System.Exception: Endpoint Titanium.Web.Proxy.Models.ExplicitProxyEndPoint failed to start. Check inner exception and exception data for details. ---> System.Net.Sockets.SocketException: Only one usage of each socket address (protocol/network address/port) is normally permitted at System.Net.Sockets.Socket.DoBind(EndPoint endPointSnapshot, SocketAddress socketAddress) at System.Net.Sockets.Socket.Bind(EndPoint localEP) at System.Net.Sockets.TcpListener.Start(Int32 backlog) at Titanium.Web.Proxy.ProxyServer.listen(ProxyEndPoint endPoint) --- End of inner exception stack trace --- at Titanium.Web.Proxy.ProxyServer.listen(ProxyEndPoint endPoint) at Titanium.Web.Proxy.ProxyServer.Start() at Titanium.Web.Proxy.Examples.Basic.ProxyController.StartProxy()

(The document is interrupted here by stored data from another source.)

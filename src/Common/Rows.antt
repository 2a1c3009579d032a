-- ===== src/Common/Rows.antt =====
-- Tables as lists of rows, and what the WHERE clause of a SQL statement does to them.
use Prim.Native.Nat.{ℕ, suc, ◌+◌, ◌≤◌, ◌<◌}
use mathlib.Core.Path.{◌≡◌, refl}
use mathlib.Core.Logic.{inl, inr}
use mathlib.Core.Bool.{Bool, true, false, ◌||◌}
use mathlib.Core.Option.{Option, none, some}
use mathlib.Core.List.{List, [], ◌∷◌}
use native.Mathlib.Omega.{arith}
use tempogate.Common.Tests.{if◌then◌else◌, Bool-cases}

module _ {ℓ} {A : Type ℓ} where
  abbrev pub length : List A → ℕ
  length [] = 0
  length (x ∷ xs) = suc (length xs)

  abbrev pub All {κ} : (A → Type κ) → List A → Type κ
  All P [] = Unit
  All P (x ∷ xs) = P x × All P xs

  -- SELECT … WHERE, read by QueryRow: the first row that the clause holds of.
  unfoldable pub first : (A → Bool) → List A → Option A
  first p [] = none
  first p (x ∷ xs) = if p x then some x else first p xs

  -- SELECT EXISTS (… WHERE).
  unfoldable pub any : (A → Bool) → List A → Bool
  any p [] = false
  any p (x ∷ xs) = p x || any p xs

  -- UPDATE … SET … WHERE.
  unfoldable pub update : (A → Bool) → (A → A) → List A → List A
  update p f [] = []
  update p f (x ∷ xs) = (if p x then f x else x) ∷ update p f xs

  -- DELETE … WHERE.
  unfoldable pub delete : (A → Bool) → List A → List A
  delete p [] = []
  delete p (x ∷ xs) = if p x then delete p xs else x ∷ delete p xs

  -- SELECT COUNT(*) … WHERE.
  unfoldable pub count : (A → Bool) → List A → ℕ
  count p [] = 0
  count p (x ∷ xs) = (if p x then 1 else 0) + count p xs

module _ {ℓ} {A : Type ℓ} where
  pub first_holds : (p : A → Bool) (xs : List A) {x : A} → first p xs ≡ some x → p x ≡ true
  unfolding first
  first_holds p [] h = cc
  first_holds p (x ∷ xs) {x = y} h = ground (arith, first_holds p xs {x = y})

  pub first-none : (p : A → Bool) (xs : List A) → any p xs ≡ false → first p xs ≡ none
  unfolding first any
  first-none p [] h = refl
  first-none p (x ∷ xs) h = ground (arith, first-none p xs)

  pub any_of_first : (p : A → Bool) (xs : List A) {x : A} → first p xs ≡ some x → any p xs ≡ true
  unfolding first any
  any_of_first p [] h = cc
  any_of_first p (x ∷ xs) {x = y} h = ground (arith, any_of_first p xs {x = y})

  -- The row found is a row of the table.
  pub any_by_first :
      (p q : A → Bool) (xs : List A) {x : A} → first p xs ≡ some x → q x ≡ true → any q xs ≡ true
  unfolding first any
  any_by_first p q [] h k = cc
  any_by_first p q (x ∷ xs) {x = y} h k = elim (Bool-cases (p x)) [
    | inl hit ↦ ground (arith, k)
    | inr miss ↦ rw (any_by_first p q xs {x = y} (rw miss at h) k) (ground arith)
  ]

  pub none_of_first : (p : A → Bool) (xs : List A) → first p xs ≡ none → any p xs ≡ false
  unfolding first any
  none_of_first p [] h = refl
  none_of_first p (x ∷ xs) h = ground (arith, none_of_first p xs)

  pub first_of_any :
      (p : A → Bool) (xs : List A) → any p xs ≡ true → (x : A) × (first p xs ≡ some x)
  unfolding first any
  first_of_any p [] h = cc
  first_of_any p (x ∷ xs) h = elim (Bool-cases (p x)) [
    | inl hit ↦ (x, rw hit)
    | inr miss ↦ let (y, e) = first_of_any p xs (rw miss at h) in (y, rw miss e)
  ]

  -- A stronger clause holds of fewer rows.
  pub any_mono :
      (p q : A → Bool) (xs : List A)
      → ((x : A) → p x ≡ true → q x ≡ true)
      → any p xs ≡ true
      → any q xs ≡ true
  unfolding any
  any_mono p q [] imp h = cc
  any_mono p q (x ∷ xs) imp h = ground (arith, imp x, any_mono p q xs imp)

  pub any_anti :
      (p q : A → Bool) (xs : List A)
      → ((x : A) → p x ≡ true → q x ≡ true)
      → any q xs ≡ false
      → any p xs ≡ false
  any_anti p q xs imp h = elim (Bool-cases (any p xs)) [
    | inl e ↦ cc (any_mono p q xs imp e)
    | inr e ↦ e
  ]

  -- A row that the update keeps in the clause stays in it.
  pub any-update :
      (p q : A → Bool) (f : A → A) (xs : List A)
      → ((x : A) → p x ≡ true → p (f x) ≡ true)
      → any p xs ≡ true
      → any p (update q f xs) ≡ true
  unfolding any update
  any-update p q f [] keep h = cc
  any-update p q f (x ∷ xs) keep h = ground (arith, keep x, any-update p q f xs keep)

  -- The row that a conditional update changes is found changed.
  pub any-update_hit :
      (p q : A → Bool) (f : A → A) (xs : List A)
      → ((x : A) → q x ≡ true → p (f x) ≡ true)
      → any q xs ≡ true
      → any p (update q f xs) ≡ true
  unfolding any update
  any-update_hit p q f [] hit h = cc
  any-update_hit p q f (x ∷ xs) hit h = ground (arith, hit x, any-update_hit p q f xs hit)

  -- What holds of each row after the update that held of it before.
  pub any-update_imp :
      (q q' p : A → Bool) (f : A → A) (xs : List A)
      → ((x : A) → q x ≡ true → q' (if p x then f x else x) ≡ true)
      → any q xs ≡ true
      → any q' (update p f xs) ≡ true
  unfolding any update
  any-update_imp q q' p f [] imp h = cc
  any-update_imp q q' p f (x ∷ xs) imp h = elim (Bool-cases (q x)) [
    | inl e ↦ rw (imp x e)
    | inr e ↦ ground (arith, any-update_imp q q' p f xs imp)
  ]

  pub any-update_not :
      (q q' p : A → Bool) (f : A → A) (xs : List A)
      → ((x : A) → q x ≡ false → q' (if p x then f x else x) ≡ false)
      → any q xs ≡ false
      → any q' (update p f xs) ≡ false
  unfolding any update
  any-update_not q q' p f [] imp h = refl
  any-update_not q q' p f (x ∷ xs) imp h = ground (arith, imp x, any-update_not q q' p f xs imp)

  pub any-update_eq :
      (q p : A → Bool) (f : A → A) (xs : List A)
      → ((x : A) → q (if p x then f x else x) ≡ q x)
      → any q (update p f xs) ≡ any q xs
  unfolding any update
  any-update_eq q p f [] same = refl
  any-update_eq q p f (x ∷ xs) same = rw (same x, any-update_eq q p f xs same)

  -- No row is left to the clause that an update takes each of its rows out of.
  pub any-update_out :
      (p : A → Bool) (f : A → A) (xs : List A)
      → ((x : A) → p (f x) ≡ false)
      → any p (update p f xs) ≡ false
  unfolding any update
  any-update_out p f [] out = refl
  any-update_out p f (x ∷ xs) out = elim (Bool-cases (p x)) [
    | inl e ↦ rw (e, out x) (any-update_out p f xs out)
    | inr e ↦ rw (e, e) (any-update_out p f xs out)
  ]

  -- An update whose clause no row meets changes nothing.
  pub update_none : (p : A → Bool) (f : A → A) (xs : List A) → any p xs ≡ false → update p f xs ≡ xs
  unfolding any update
  update_none p f [] h = refl
  update_none p f (x ∷ xs) h = ground (arith, update_none p f xs)

  pub length-update : (p : A → Bool) (f : A → A) (xs : List A) → length (update p f xs) ≡ length xs
  unfolding update
  length-update p f [] = refl
  length-update p f (x ∷ xs) = omega (arith, length-update p f xs)

  pub count_ext : (p q : A → Bool) (xs : List A) → ((x : A) → p x ≡ q x) → count p xs ≡ count q xs
  unfolding count
  count_ext p q [] same = refl
  count_ext p q (x ∷ xs) same = rw (same x, count_ext p q xs same)

  pub count_none : (p : A → Bool) (xs : List A) → any p xs ≡ false → count p xs ≡ 0
  unfolding any count
  count_none p [] h = refl
  count_none p (x ∷ xs) h = ground (arith, count_none p xs)

  pub none_of_count : (p : A → Bool) (xs : List A) → count p xs ≡ 0 → any p xs ≡ false
  unfolding any count
  none_of_count p [] h = refl
  none_of_count p (x ∷ xs) h = ground (arith, none_of_count p xs)

  pub first-delete : (p : A → Bool) (xs : List A) → first p (delete p xs) ≡ none
  unfolding first delete
  first-delete p [] = refl
  first-delete p (x ∷ xs) = elim (Bool-cases (p x)) [
    | inl hit ↦ rw hit (first-delete p xs)
    | inr miss ↦ rw (miss, miss) (first-delete p xs)
  ]

  pub any-delete : (q p : A → Bool) (xs : List A) → any q xs ≡ false → any q (delete p xs) ≡ false
  unfolding any delete
  any-delete q p [] h = refl
  any-delete q p (x ∷ xs) h = ground (arith, any-delete q p xs)

  pub length-delete_le : (p : A → Bool) (xs : List A) → length (delete p xs) ≤ length xs
  unfolding delete
  length-delete_le p [] = omega arith
  length-delete_le p (x ∷ xs) = ground (arith, length-delete_le p xs)

  -- A deletion that finds a row leaves fewer.
  pub length-delete_hit :
      (p : A → Bool) (xs : List A) {x : A} → first p xs ≡ some x → length (delete p xs) < length xs
  unfolding delete first
  length-delete_hit p [] h = cc
  length-delete_hit p (x ∷ xs) {x = y} h =
      ground (arith, length-delete_le p xs, length-delete_hit p xs {x = y})

module _ {ℓ κ} {A : Type ℓ} (P : A → Type κ) where
  pub All-update :
      (q : A → Bool) (f : A → A) (xs : List A)
      → ((x : A) → q x ≡ true → P x → P (f x))
      → All P xs
      → All P (update q f xs)
  unfolding update
  All-update q f [] keep h = tt
  All-update q f (x ∷ xs) keep h = elim (Bool-cases (q x)) [
    | inl e ↦ rw e (keep x e h.0, All-update q f xs keep h.1)
    | inr e ↦ rw e (h.0, All-update q f xs keep h.1)
  ]

  pub All-delete : (q : A → Bool) (xs : List A) → All P xs → All P (delete q xs)
  unfolding delete
  All-delete q [] h = tt
  All-delete q (x ∷ xs) h = elim (Bool-cases (q x)) [
    | inl e ↦ rw e (All-delete q xs h.1)
    | inr e ↦ rw e (h.0, All-delete q xs h.1)
  ]

  pub first_All : (q : A → Bool) (xs : List A) {x : A} → All P xs → first q xs ≡ some x → P x
  unfolding first
  first_All q [] h e = cc
  first_All q (x ∷ xs) {x = y} h e = elim (Bool-cases (q x)) [
    | inl hit ↦ ground (arith, h.0)
    | inr miss ↦ first_All q xs h.1 (ground arith)
  ]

bbhxwl commented 4 years ago

I can do it on PC, not on IOS? Never before. Not now

        proxyServer.CertificateManager.RootCertificate = new X509Certificate2(basePath1 + @"rootCert.pfx", string.Empty, X509KeyStorageFlags.Exportable);
         File.WriteAllBytes("ca.cer", proxyServer.CertificateManager.RootCertificate.Export(System.Security.Cryptography.X509Certificates.X509ContentType.Cert));
HughJeffner commented 3 years ago

I had a similar problem and I figured out it was because I spawning a child process that runs after my app is closed. When my app closed, the port was still in use but the owning process was 'detached'. Closing either the client app or the spawned process released the port.

I'm not entirely sure why but spawning the process before starting the proxy prevented that behavior, but the opposite caused the issue above.